L’arresto del Consiglio di Stato si offre come un’importante occasione per riflettere sui delicati problemi che riguardano la c.d. “detenzione amministrativa” alla luce della recente pronuncia del 9 luglio 2025, n. 96 della Corte costituzionale (S. Greco, 2025).
Il contenzioso qui commentato origina dall’azione di annullamento del detto decreto promossa dall’Associazione Studi Giuridici sull’Immigrazione (asgi) e da Cittadinanzattiva aps, che hanno lamentato davanti al giudice di prime cure l’inadeguatezza degli standard previsti dallo schema del capitolato d’appalto con riguardo all’assistenza sanitaria e alla presenza del personale medico-sanitario nei cpr. Secondo le ricorrenti, le disposizioni approvate con il decreto ministeriale impugnato sarebbero insufficienti a garantire la pienezza del diritto alla salute ex art. 32 Cost. e art. 2 della Convenzione europea dei diritti dell’uomo (cedu) di coloro che vengono trattenuti nei cpr in attesa di espulsione dal territorio italiano, oltre a essere inadeguate a prevenire forme di tortura a loro danno ai sensi dell’art. 3 cedu e della legge 9 novembre 2012, n. 195 di ratifica del Protocollo opzionale alla Convenzione delle Nazioni Unite contro la tortura e altri trattamenti o pene crudeli, inumani o degradanti, fatto a New York il 18 dicembre 2002.
Il Tar Lazio, Roma, ha dapprima riconosciuto la legittimazione e l’interesse ad agire delle associazioni ricorrenti, ma ha rigettato nel merito il ricorso di primo grado. Difatti, il giudice amministrativo ha ritenuto che le disposizioni del capitolato d’appalto prevedessero un numero adeguato di personale medico-sanitario, razionalizzato in proporzione alla capienza delle strutture, e ha anche stimato che l’assistenza sanitaria offerta alle persone trattenute fosse adeguata alla valutazione del loro stato di salute psico-fisica.

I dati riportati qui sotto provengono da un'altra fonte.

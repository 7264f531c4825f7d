-- ===== src/Handler/Workers/Runs.antt =====
-- The handler of buffered requests, run without interruption, as steps of the system.
use ngx_sqlite_log.Base.{
  ℕ, ◌≤◌, ◌≡◌, ◌≢◌, refl, inl, inr, not, List, [], ◌∷◌, ◌++◌, Option, none, some, length, All, ◌==◌,
  if◌then◌else◌, Bool-cases,
}
use ngx_sqlite_log.Util.{Str}
use ngx_sqlite_log.Memory.{Pool, Lists}
use ngx_sqlite_log.Slab.{Slab}
use ngx_sqlite_log.Buf.{
  NgxRc, ok, done, error, Shared, Buf, push_locked, unshift_locked, list_locked, timer_reset,
}
use ngx_sqlite_log.Buf.Invariant.{rows, Owns}
use ngx_sqlite_log.Buf.Rows.{parts_of}
use ngx_sqlite_log.Sqlite.{Sqlite}
use ngx_sqlite_log.Sqlite.Code
use ngx_sqlite_log.Sqlite.Wrap.{State}
use ngx_sqlite_log.Db.{Db, Fmt, db_insert_list}
use ngx_sqlite_log.Db.Retry.{Stays}
use ngx_sqlite_log.Handler.{Site, unshift_rc, unshift_entry, insert_listed, after_push, handle_n}
use ngx_sqlite_log.Handler.Workers.{
  section_list, section_after, lock_section, System, Batch, batch, back_of, to_list, pushed,
  refused, taken, queued, inserted, unshifted, request, insert, unshift, Reach, start, later,
}
use ngx_sqlite_log.Handler.Workers.Locked.{Sectioned, lock_section_lem}

module _ (slab : Slab) (p : Pool) (lists : Lists p) (sq : Sqlite) where
  -- The site of a worker with this buffer and this connection.
  abbrev pub site_of : Buf → Db → System slab sq → Site slab sq
  site_of buf db s = record { buf = buf; db = db; shared = s.shared; dbs = s.dbs }

  -- A handler's result as the end of a run: what the workers share is as the run leaves it, nothing
  -- stays in hand, and with NGX_OK nothing is given up.
  abbrev pub Ran : Fmt → ℕ → List Str → System slab sq → NgxRc × Site slab sq → Type 0
  Ran fmt max entry s (rc, s') =
      (t : System slab sq) × Reach slab p lists sq fmt max s t
      × (t.shared ≡ s'.shared)
      × (t.dbs ≡ s'.dbs)
      × (t.flight ≡ s.flight)
      × (t.backs ≡ s.backs)
      × (t.arrived ≡ s.arrived ++ entry ∷ [])
      × (rc ≡ ok → t.dropped ≡ s.dropped)

  error_ne_ok : error ≡ ok → ⊥
  error_ne_ok e = cc

  module _ (fmt : Fmt) (buf : Buf) (entry : List Str) (s : System slab sq) where
    -- The end of a run in which the push failed and the list was stored.
    unshift_entry-Ran :
        (s' : Site slab sq) (t : System slab sq)
        → Reach slab p lists sq fmt buf.max s t
        → t.shared ≡ s'.shared
        → t.dbs ≡ s'.dbs
        → t.flight ≡ s.flight
        → t.backs ≡ entry ∷ s.backs
        → t.arrived ≡ s.arrived ++ entry ∷ []
        → t.dropped ≡ s.dropped
        → Ran fmt buf.max entry s (unshift_entry slab sq entry error s')
    unshift_entry-Ran s' t r sh st fl ba ar dr =
        go (unshift_locked slab entry s'.shared) (rw (← sh) (later r (unshift [] entry s.backs ba)))
      where
        go :
            (o : NgxRc × Shared slab)
            → Reach slab p lists sq fmt buf.max s (unshifted slab sq entry s.backs o t)
            → Ran fmt buf.max entry s (unshift_rc slab sq o.0, record s' { shared = o.1 })
        go (ok, sh') r' =
            (unshifted slab sq entry s.backs (ok, sh') t, r', refl, st, fl, refl, ar, λ e. dr)
        go (done, sh') r' = (
          unshifted slab sq entry s.backs (done, sh') t,
          r',
          refl,
          st,
          fl,
          refl,
          ar,
          λ e. absurd (error_ne_ok e),
        )
        go (error, sh') r' = (
          unshifted slab sq entry s.backs (error, sh') t,
          r',
          refl,
          st,
          fl,
          refl,
          ar,
          λ e. absurd (error_ne_ok e),
        )

    -- The run from a batch in hand on.
    insert_listed-Ran :
        (rc : NgxRc) (l : lists.L) (m : p.State) (sh : Shared slab) (db : Db)
        → db.fmt ≡ fmt
        → Stays sq db (lists.parts l) s.dbs
        → rc ≢ ok
        → Reach slab p lists sq fmt buf.max s (pushed slab p lists sq entry (taken rc (l, m), sh) s)
        → Ran fmt buf.max entry s (
            insert_listed slab p lists sq entry rc
              (some (l, m))
              (record { buf = buf; db = db; shared = sh; dbs = s.dbs }))
    insert_listed-Ran rc l m sh db f stays h r =
        go (db_insert_list sq db (lists.parts l) s.dbs)
          (later r (insert [] b s.flight db refl f stays))
      where
        b : Batch
        b = batch (lists.parts l) (back_of rc entry)

        held : System slab sq
        held = pushed slab p lists sq entry (taken rc (l, m), sh) s

        after : Db → State sq → Site slab sq
        after db' st' = record { buf = timer_reset buf; db = db'; shared = sh; dbs = st' }

        stored :
            (rc : NgxRc) (db' : Db) (st' : State sq) (t : System slab sq)
            → rc ≢ ok
            → Reach slab p lists sq fmt buf.max s t
            → t.shared ≡ sh
            → t.dbs ≡ st'
            → t.flight ≡ s.flight
            → t.backs ≡ to_list (back_of rc entry) ++ s.backs
            → t.arrived ≡ s.arrived ++ entry ∷ []
            → t.dropped ≡ s.dropped
            → Ran fmt buf.max entry s (unshift_entry slab sq entry rc (after db' st'))
        stored ok db' st' t h r' e st fl ba ar dr = absurd (h refl)
        stored done db' st' t h r' e st fl ba ar dr = (t, r', e, st, fl, ba, ar, λ k. dr)
        stored error db' st' t h r' e st fl ba ar dr =
            unshift_entry-Ran (after db' st') t r' e st fl ba ar dr

        go :
            (o : ℕ × Db × State sq)
            → Reach slab p lists sq fmt buf.max s (inserted slab sq b s.flight o held)
            → Ran fmt buf.max entry s (
                if not (o.0 == Code.ok)
                then (error, after o.1 o.2)
                else unshift_entry slab sq entry rc (after o.1 o.2))
        go (rc_insert, db', st') r' = elim (Bool-cases (rc_insert == Code.ok)) [
          | inl good ↦
              let t = inserted slab sq b s.flight (rc_insert, db', st') held in
              rw good (
                stored rc db' st' t h r' (rw good refl) (rw good refl) (rw good refl) (rw good refl)
                  (rw good refl) (rw good refl))
          | inr bad ↦
              let t = inserted slab sq b s.flight (rc_insert, db', st') held in
              rw bad (
                t,
                r',
                rw bad refl,
                rw bad refl,
                rw bad refl,
                rw bad refl,
                rw bad refl,
                λ e. absurd (error_ne_ok e),
              )
        ]

    -- From the step "List" on, for a push that returned NGX_DONE or NGX_ERROR.
    execute_buffer-Ran :
        (rc : NgxRc) (db : Db) (m : p.State) (o : Option (lists.L × p.State) × Shared slab)
        → db.fmt ≡ fmt
        → Stays sq db (rows s.shared.queue ++ entry ∷ []) s.dbs
        → Stays sq db (parts_of (rows s.shared.queue)) s.dbs
        → rc ≢ ok
        → Sectioned slab p lists entry s.shared (section_list slab p lists rc o)
        → Reach slab p lists sq fmt buf.max s
            (pushed slab p lists sq entry (section_list slab p lists rc o) s)
        → Ran fmt buf.max entry s (
            insert_listed slab p lists sq entry rc o.0
              (record { buf = buf; db = db; shared = o.1; dbs = s.dbs }))
    execute_buffer-Ran rc db m (none, sh) f stay_new stay_old h u r = (
      pushed slab p lists sq entry (refused rc, sh) s,
      r,
      refl,
      refl,
      refl,
      refl,
      refl,
      λ e. absurd (error_ne_ok e),
    )
    execute_buffer-Ran ok db m (some (l, m'), sh) f stay_new stay_old h u r = absurd u
    execute_buffer-Ran done db m (some (l, m'), sh) f stay_new stay_old h u r =
        insert_listed-Ran done l m' sh db f (rw u.1 stay_new) h r
    execute_buffer-Ran error db m (some (l, m'), sh) f stay_new stay_old h u r =
        insert_listed-Ran error l m' sh db f (rw u.1 stay_old) h r

    done_ne_ok : done ≡ ok → ⊥
    done_ne_ok e = cc

    after_push-Ran :
        (db : Db) (m : p.State) (o : NgxRc × Shared slab)
        → db.fmt ≡ fmt
        → Stays sq db (rows s.shared.queue ++ entry ∷ []) s.dbs
        → Stays sq db (parts_of (rows s.shared.queue)) s.dbs
        → Sectioned slab p lists entry s.shared (section_after slab p lists entry m o)
        → Reach slab p lists sq fmt buf.max s
            (pushed slab p lists sq entry (section_after slab p lists entry m o) s)
        → Ran fmt buf.max entry s (
            after_push slab p lists sq entry o.0 m
              (record { buf = buf; db = db; shared = o.1; dbs = s.dbs }))
    after_push-Ran db m (ok, sh) f stay_new stay_old u r =
        (pushed slab p lists sq entry (queued, sh) s, r, refl, refl, refl, refl, refl, λ e. refl)
    after_push-Ran db m (done, sh) f stay_new stay_old u r =
        execute_buffer-Ran done db m (list_locked slab p lists (length entry) sh m) f stay_new
          stay_old done_ne_ok u r
    after_push-Ran db m (error, sh) f stay_new stay_old u r =
        execute_buffer-Ran error db m (list_locked slab p lists (length entry) sh m) f stay_new
          stay_old error_ne_ok u r

  -- For entries of the format, all with at least one string, a queue that satisfies its invariant,
  -- and insertions that need no second attempt: the handler of buffered requests is a run of the
  -- system's steps, which leaves the shared memory and the databases as the handler does, adds the
  -- entry to those that arrived and leaves nothing in this worker's hands. If the handler returns
  -- NGX_OK, the run gave no entry up.
  pub handle_n-Ran :
      (others : ℕ → ℕ) (fmt : Fmt) (buf : Buf) (db : Db) (entry : List Str) (m : p.State)
      (s : System slab sq)
      → db.fmt ≡ fmt
      → length entry ≡ fmt.ncols
      → 1 ≤ length entry
      → All (λ r. length r ≡ length entry) (rows s.shared.queue)
      → Owns slab others s.shared
      → Stays sq db (rows s.shared.queue ++ entry ∷ []) s.dbs
      → Stays sq db (parts_of (rows s.shared.queue)) s.dbs
      → Ran fmt buf.max entry s (handle_n slab p lists sq entry m (site_of buf db s))
  unfolding handle_n lock_section
  handle_n-Ran others fmt buf db entry m s f w pos all v stay_new stay_old =
      after_push-Ran fmt buf entry s db m (push_locked slab buf.max entry s.shared) f stay_new
        stay_old (lock_section_lem slab p lists others buf.max entry m s.shared pos all v).1
        (later start (request entry m w))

Le associazioni ricorrenti hanno quindi impugnato la sentenza di primo grado, censurandola con cinque motivi di appello. In primo luogo, hanno evidenziato che l’inadeguatezza delle disposizioni del capitolato d’appalto sarebbe patente alla luce delle concrete condizioni in cui versano molteplici cpr presenti sul territorio nazionale, che sarebbero appunto inadeguati a garantire la pienezza del diritto alla salute delle persone trattenute. In secondo luogo, viene censurata l’insufficienza delle disposizioni approvate con il decreto impugnato con particolare riguardo alla tutela della salute psichiatrica e alla somministrazione di psicofarmaci, che avviene in assenza di un quadro unitario di protocolli sanitari e in mancanza del coinvolgimento di medici del sistema sanitario nazionale (ssn), il cui intervento nei cpr è solo eventuale (e non sistematico come nelle strutture penitenziarie). In terzo luogo, le associazioni chiedono la riforma della sentenza impugnata in quanto il Ministero dell’Interno, prima di approvare il decreto, non avrebbe condotto un’istruttoria idonea per approvare una disciplina capace di porre rimedio alle carenze strutturali dei cpr. In quarto luogo, le appellanti contestano la tardività della relazione istruttoria depositata in giudizio dal Ministero, che non solo sarebbe incompleta, ma avrebbe anche impedito, proprio in ragione della tardività del deposito, l’esercizio del contradditorio processuale. Infine, e in quinto luogo, asgi e Cittadinanzattiva aps chiedono la riforma del capo della sentenza che le ha condannate al pagamento delle spese processuali.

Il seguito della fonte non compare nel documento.